Nothing in the records that follow should differ once you have copied them out.

##### Task inputs #####

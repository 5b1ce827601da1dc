-- ===== src/TailReader/Lines.antt =====
-- The lines that `TailReader::poll` (fix_monitor/src/tail_reader.cpp) finds in a text.
use fix_mon.Prelude.{
  ℕ, zero, suc, Bool, true, false, is_empty, ◌==◌, if◌then◌else◌, append-nil, Free-append, ◌<◌, ◌≡◌,
  refl, ap, ◌∙◌, List, [], ◌∷◌, ◌++◌, append_assoc, All, Bytes, length, length-append, unlines,
  find_index-Free, Free, arith,
}
use fix_mon.TailReader.{strip_cr, emit, is_newline, drain, on_chunk}
use fix_mon.TailReader.Chunks.{drain_cut, drain_none}

-- a line as it was written: what it says, and whether a CR follows
pub record Line : Type 0 where
  pub content : Bytes
  pub cr : Bool

abbrev pub written : List Line → List Bytes
written [] = []
written (l ∷ ls) = (l.content ++ (if l.cr then 13 ∷ [] else [])) ∷ written ls

-- the contents, less the empty ones
abbrev pub contents : List Line → List Bytes
contents [] = []
contents (l ∷ ls) = if is_empty l.content then contents ls else l.content ∷ contents ls

abbrev pub ends_in_cr : Bytes → Bool
ends_in_cr [] = false
ends_in_cr (c ∷ []) = c == 13
ends_in_cr (c ∷ (d ∷ cs)) = ends_in_cr (d ∷ cs)

-- on one line, and with any CR at the end told apart
abbrev pub IsLine : Line → Type 0
IsLine l = Free is_newline l.content × (l.cr ≡ false → ends_in_cr l.content ≡ false)

strip_cr-append : (cs : Bytes) → strip_cr (cs ++ 13 ∷ []) ≡ cs
unfolding strip_cr
strip_cr-append [] = refl
strip_cr-append (c ∷ []) = refl
strip_cr-append (c ∷ (d ∷ cs)) = ap (λ (l : Bytes). c ∷ l) (strip_cr-append (d ∷ cs))

strip_cr_none : (cs : Bytes) → ends_in_cr cs ≡ false → strip_cr cs ≡ cs
unfolding strip_cr
strip_cr_none [] e = refl
strip_cr_none (c ∷ []) e = rw e
strip_cr_none (c ∷ (d ∷ cs)) e = ap (λ (l : Bytes). c ∷ l) (strip_cr_none (d ∷ cs) e)

strip_cr-written :
    (content : Bytes) (cr : Bool)
    → (cr ≡ false → ends_in_cr content ≡ false)
    → strip_cr (content ++ (if cr then 13 ∷ [] else [])) ≡ content
strip_cr-written content true h = strip_cr-append content
strip_cr-written content false h = ap strip_cr (append-nil content) ∙ strip_cr_none content (h refl)

written-Free :
    (content : Bytes) (cr : Bool)
    → Free is_newline content
    → Free is_newline (content ++ (if cr then 13 ∷ [] else []))
written-Free content true f = Free-append is_newline content (13 ∷ []) f (refl, tt)
written-Free content false f = Free-append is_newline content [] f tt

-- the lines as the loop cuts them
abbrev delivered : List Bytes → List Bytes
delivered [] = []
delivered (l ∷ ls) = emit (strip_cr l) (delivered ls)

delivered-written : (ls : List Line) → All IsLine ls → delivered (written ls) ≡ contents ls
unfolding emit
delivered-written [] a = refl
delivered-written (l ∷ ls) a =
    let rest = delivered-written ls a.1 in rw (strip_cr-written l.content l.cr a.0.1, rest)

lines-Free : (ls : List Line) → All IsLine ls → All (Free is_newline) (written ls)
lines-Free [] a = tt
lines-Free (l ∷ ls) a = (written-Free l.content l.cr a.0.0, lines-Free ls a.1)

drain-unlines :
    (fuel : ℕ) (ls : List Bytes) (tail : Bytes)
    → All (Free is_newline) ls
    → Free is_newline tail
    → length (unlines ls ++ tail) < fuel
    → drain fuel (unlines ls ++ tail) ≡ (delivered ls, tail)
drain-unlines zero ls tail a f h = absurd (omega arith)
drain-unlines (suc fuel) [] tail a f h = drain_none fuel tail (find_index-Free is_newline tail f)
drain-unlines (suc fuel) (l ∷ ls) tail a f h =
    let whole = append_assoc l (10 ∷ unlines ls) tail in
    ap (drain (suc fuel)) whole
    ∙ drain_cut fuel l 10 (unlines ls ++ tail) a.0 refl
    ∙ ap (λ (d : List Bytes × Bytes). (emit (strip_cr l) d.0, d.1))
        (drain-unlines fuel ls tail a.1 f
          (omega (arith, ap length whole, length-append l (10 ∷ (unlines ls ++ tail)))))

-- A text of lines that each end with a line feed, some with a CR before it, and the start of one
-- more, is cut into those lines: the contents are delivered in their order, without the CR, those
-- that are empty are not delivered, and the unfinished line is carried over.
pub on_chunk-unlines :
    (ls : List Line) (tail : Bytes)
    → All IsLine ls
    → Free is_newline tail
    → on_chunk [] (unlines (written ls) ++ tail) ≡ (contents ls, tail)
unfolding on_chunk
on_chunk-unlines ls tail a f =
    let text = unlines (written ls) ++ tail in
    drain-unlines (suc (length text)) (written ls) tail (lines-Free ls a) f (omega arith)
    ∙ ap (λ (l : List Bytes). (l, tail)) (delivered-written ls a)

#####

Output of the exercise
repository 5b1ce827601da1dc
-- ===== src/TailReader/Lines.antt =====
-- The lines that `TailReader::poll` (fix_monitor/src/tail_reader.cpp) finds in a text.
use fix_mon.Prelude.{
  ℕ, zero, suc, Bool, true, false, is_empty, ◌==◌, if◌then◌else◌, append-nil, Free-append, ◌<◌, ◌≡◌,
  refl, ap, ◌∙◌, List, [], ◌∷◌, ◌++◌, append_assoc, All, Bytes, length, length-append, unlines,
  find_index-Free, Free, arith,
}
use fix_mon.TailReader.{strip_cr, emit, is_newline, drain, on_chunk}
use fix_mon.TailReader.Chunks.{drain_cut, drain_none}

-- a line as it was written: what it says, and whether a CR follows
pub record Line : Type 0 where
  pub content : Bytes
  pub cr : Bool

abbrev pub written : List Line → List Bytes
written [] = []
written (l ∷ ls) = (l.content ++ (if l.cr then 13 ∷ [] else [])) ∷ written ls

-- the contents, less the empty ones
abbrev pub contents : List Line → List Bytes
contents [] = []
contents (l ∷ ls) = if is_empty l.content then contents ls else l.content ∷ contents ls

abbrev pub ends_in_cr : Bytes → Bool
ends_in_cr [] = false
ends_in_cr (c ∷ []) = c == 13
ends_in_cr (c ∷ (d ∷ cs)) = ends_in_cr (d ∷ cs)

-- on one line, and with any CR at the end told apart
abbrev pub IsLine : Line → Type 0
IsLine l = Free is_newline l.content × (l.cr ≡ false → ends_in_cr l.content ≡ false)

strip_cr-append : (cs : Bytes) → strip_cr (cs ++ 13 ∷ []) ≡ cs
unfolding strip_cr
strip_cr-append [] = refl
strip_cr-append (c ∷ []) = refl
strip_cr-append (c ∷ (d ∷ cs)) = ap (λ (l : Bytes). c ∷ l) (strip_cr-append (d ∷ cs))

strip_cr_none : (cs : Bytes) → ends_in_cr cs ≡ false → strip_cr cs ≡ cs
unfolding strip_cr
strip_cr_none [] e = refl
strip_cr_none (c ∷ []) e = rw e
strip_cr_none (c ∷ (d ∷ cs)) e = ap (λ (l : Bytes). c ∷ l) (strip_cr_none (d ∷ cs) e)

strip_cr-written :
    (content : Bytes) (cr : Bool)
    → (cr ≡ false → ends_in_cr content ≡ false)
    → strip_cr (content ++ (if cr then 13 ∷ [] else [])) ≡ content
strip_cr-written content true h = strip_cr-append content
strip_cr-written content false h = ap strip_cr (append-nil content) ∙ strip_cr_none content (h refl)

written-Free :
    (content : Bytes) (cr : Bool)
    → Free is_newline content
    → Free is_newline (content ++ (if cr then 13 ∷ [] else []))
written-Free content true f = Free-append is_newline content (13 ∷ []) f (refl, tt)
written-Free content false f = Free-append is_newline content [] f tt

-- the lines as the loop cuts them
abbrev delivered : List Bytes → List Bytes
delivered [] = []
delivered (l ∷ ls) = emit (strip_cr l) (delivered ls)

delivered-written : (ls : List Line) → All IsLine ls → delivered (written ls) ≡ contents ls
unfolding emit
delivered-written [] a = refl
delivered-written (l ∷ ls) a =
    let rest = delivered-written ls a.1 in rw (strip_cr-written l.content l.cr a.0.1, rest)

lines-Free : (ls : List Line) → All IsLine ls → All (Free is_newline) (written ls)
lines-Free [] a = tt
lines-Free (l ∷ ls) a = (written-Free l.content l.cr a.0.0, lines-Free ls a.1)

drain-unlines :
    (fuel : ℕ) (ls : List Bytes) (tail : Bytes)
    → All (Free is_newline) ls
    → Free is_newline tail
    → length (unlines ls ++ tail) < fuel
    → drain fuel (unlines ls ++ tail) ≡ (delivered ls, tail)
drain-unlines zero ls tail a f h = absurd (omega arith)
drain-unlines (suc fuel) [] tail a f h = drain_none fuel tail (find_index-Free is_newline tail f)
drain-unlines (suc fuel) (l ∷ ls) tail a f h =
    let whole = append_assoc l (10 ∷ unlines ls) tail in
    ap (drain (suc fuel)) whole
    ∙ drain_cut fuel l 10 (unlines ls ++ tail) a.0 refl
    ∙ ap (λ (d : List Bytes × Bytes). (emit (strip_cr l) d.0, d.1))
        (drain-unlines fuel ls tail a.1 f
          (omega (arith, ap length whole, length-append l (10 ∷ (unlines ls ++ tail)))))

-- A text of lines that each end with a line feed, some with a CR before it, and the start of one
-- more, is cut into those lines: the contents are delivered in their order, without the CR, those
-- that are empty are not delivered, and the unfinished line is carried over.
pub on_chunk-unlines :
    (ls : List Line) (tail : Bytes)
    → All IsLine ls
    → Free is_newline tail
    → on_chunk [] (unlines (written ls) ++ tail) ≡ (contents ls, tail)
unfolding on_chunk
on_chunk-unlines ls tail a f =
    let text = unlines (written ls) ++ tail in
    drain-unlines (suc (length text)) (written ls) tail (lines-Free ls a) f (omega arith)
    ∙ ap (λ (l : List Bytes). (l, tail)) (delivered-written ls a)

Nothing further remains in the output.